2.3 Customer service and satisfaction

  • Average first response time indicates the time it takes for the support team to reply to a customer request.
  • Average issue resolution time indicates the time it takes to solve an issue reported by the customer.

A shorter duration for the above two metrics provides a better customer experience and thus impacts customer satisfaction positively.

  • Net Promoter Score (NPS) measures how likely a customer is to recommend the product and services of your organization to others. This is an important metric as it gauges how strong customer engagement is and can have a direct impact on sales and revenue. It is worthwhile to note that Customer Service is not the only factor impacting the NPS. Other key factors that can have a direct impact on NPS are the quality of the product, price, and ease of use.

 

3 Technical excellence

This dimension should focus on measuring factors that impact technical excellence, namely quality of delivery, agility in the team, and team culture to adapt to industry technology evolution.

3.1 Quality of delivery

  • Escaped defects is the number of defects that have entered the live environment in a particular release. In an ideal situation, these defects should have been caught in test cycles and addressed. Hence, this metric is an indicator of the release quality and the rigor of the quality control processes followed by the teams.
  • Code coverage provides a view of the extent to which the code base is covered by automated tests. It is important to note that having a 100% code coverage metric does not necessarily assure zero defects, however, it is a good measure of untested code.
  • Functional test coverage which provides a view of which features in the release meet the acceptance criteria
  • Sprint Goal success which is an indicator of how often the team meets customer requirements and is also an indicator of the team’s agile maturity.

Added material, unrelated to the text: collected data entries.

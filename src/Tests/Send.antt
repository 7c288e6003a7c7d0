-- ===== src/Tests/Send.antt =====
-- Sending on TODY at concrete inputs.
use tachy_cognitive_ai_agent.Common.{
  opt_str_eq, ◌≡◌, ◌⊎◌, refl, true, none, some, [], ◌∷◌, ◌++◌, List,
}
use tachy_cognitive_ai_agent.Database.Memory.{memory-IsLawful, update_at}
use tachy_cognitive_ai_agent.Safety.Gate.{evaluate}
use tachy_cognitive_ai_agent.Safety.Policy.{high}
use tachy_cognitive_ai_agent.Safety.World.{
  approved, Approval, World, returned, session, log_event, log_event_safe,
}
use tachy_cognitive_ai_agent.Safety.Approvals.{
  Request, claim_execution, request_approval, complete_execution, get_approval,
}
use tachy_cognitive_ai_agent.Safety.Approvals.Rows.{answer, run}
use tachy_cognitive_ai_agent.TodySend.{Message, send_payload, Services, request_send, execute_send}
use tachy_cognitive_ai_agent.TodySend.Claimed.{IsContained}
use tachy_cognitive_ai_agent.TodySend.Once.{Sent, execute_send-Sent, sends_once, sends_as_queued}
use tachy_cognitive_ai_agent.Tests.Data.{table, settings}
use tachy_cognitive_ai_agent.Tests.Payloads.{payloads}

abbrev pub services : Services table
services = record {
  send_message = λ m w. (returned 77, w);
  note_sent = λ m id w. (returned tt, w);
  note_failed = λ m w. (returned tt, w);
}

services-IsContained : IsContained services
services-IsContained = record {
  send_keeps = λ m w j r h. h;
  send_calls = λ m w. refl;
  sent_keeps = λ m id w j r h. h;
  sent_calls = λ m id w. refl;
  failed_keeps = λ m w j r h. h;
  failed_calls = λ m w. refl;
}

abbrev pub greeting : Message
greeting = record { conversation_id = 3; body = "namaste"; reply_to_message_id = none }

abbrev bound_row : Approval
bound_row = record {
  action = "send_message";
  payload = some (send_payload payloads greeting);
  risk_tier = high;
  status = approved;
  requested_at = 1;
  decided_at = none;
  execution_started_at = none;
  execution_completed_at = none;
}

abbrev pub world_of : List Approval → World table Message
world_of rows = record {
  approvals = rows;
  audit = [];
  audit_file = [];
  memories = [];
  calls = [];
  faults = [];
  clock = 5;
}

abbrev approved_world : World table Message
approved_world = world_of (bound_row ∷ [])

execute_send-Sent_example :
    Sent payloads 0 greeting approved_world
      (execute_send payloads services 0 greeting approved_world).1
execute_send-Sent_example =
    execute_send-Sent (memory-IsLawful Approval) payloads services services-IsContained 0 greeting
      approved_world

calls_greeting : (execute_send payloads services 0 greeting approved_world).1.calls ≡ greeting ∷ []
unfolding execute_send get_approval claim_execution complete_execution session log_event_safe
    log_event update_at opt_str_eq send_payload
calls_greeting = refl

sends_once_example :
    let v = run (answer 0 true ∷ []) (execute_send payloads services 0 greeting approved_world).1 in
    (execute_send payloads services 0 greeting v).1.calls ≡ v.calls
sends_once_example =
    sends_once (memory-IsLawful Approval) payloads services services-IsContained 0 approved_world
      greeting greeting (answer 0 true ∷ []) (λ e. cc (calls_greeting, e))

abbrev queued_request : Request
queued_request = record { id = 0; action = "send_message"; risk_tier = high }

is_queued : (request_send payloads settings greeting (world_of [])).0 ≡ returned queued_request
unfolding request_send request_approval session log_event evaluate
is_queued = refl

-- The same words to another conversation.
abbrev elsewhere : Message
elsewhere = record { conversation_id = 4; body = "namaste"; reply_to_message_id = none }

sends_as_queued_example :
    let v = run (answer 0 true ∷ []) (request_send payloads settings greeting (world_of [])).1 in
    let x = (execute_send payloads services 0 elsewhere v).1 in
    (x.calls ≡ v.calls) ⊎ ((elsewhere ≡ greeting) × (x.calls ≡ v.calls ++ greeting ∷ []))
sends_as_queued_example =
    sends_as_queued (memory-IsLawful Approval) payloads settings services services-IsContained
      greeting elsewhere (world_of []) queued_request (answer 0 true ∷ []) is_queued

3.2 Agility in delivery and team culture

  • Lead and cycle time to deliver service requests and other business as usual activities (BAU) – The earlier sections of this article discussed a similar metric related to business deliveries. A typical agile team has to also focus on BAU requests, and this metric gives insights into how fast a request is getting picked up by the team and how long it takes for the team to complete a request and deliver value after starting to work on the request. This metric, when juxtaposed with the related metric for business delivery, gives insights into whether the team prefers business requests over BAU or vice-versa.
  • Average time builds stay “Red” is an indicator that the team is probably unable to focus on a work item till its completion. This could be due to the assignee multi-tasking or not giving priority to fix the build or that a dependency is not met due to which the build cannot be successful. In either case, this metric provides insights into patterns and behaviors involving team dynamics.
  • Technical debt is a tricky thing to measure and track. However, it can severely impact the team’s ability to maintain and enhance software easily. Many times, teams end up focusing on delivering business requests and will be unable to take dedicated time to refactor or re-architect the hot-spots. One common approach many teams follow is club refactoring when that portion of code needs changes to deliver business demands. A metric to monitor how technical debt is evolving from release to release gives a good indication of the team mindset – whether they are focused on delivering the best software or are content with delivering just the business needs.
  • Duration in which a new member of the team becomes productive is another tricky thing to measure and track. However, it is an important element that impacts the overall team productivity and gives insights into the effectiveness of the on-boarding process and team culture, and team dynamics.

4. Innovation

This dimension should focus on measuring factors that impact innovation advancements in the organization.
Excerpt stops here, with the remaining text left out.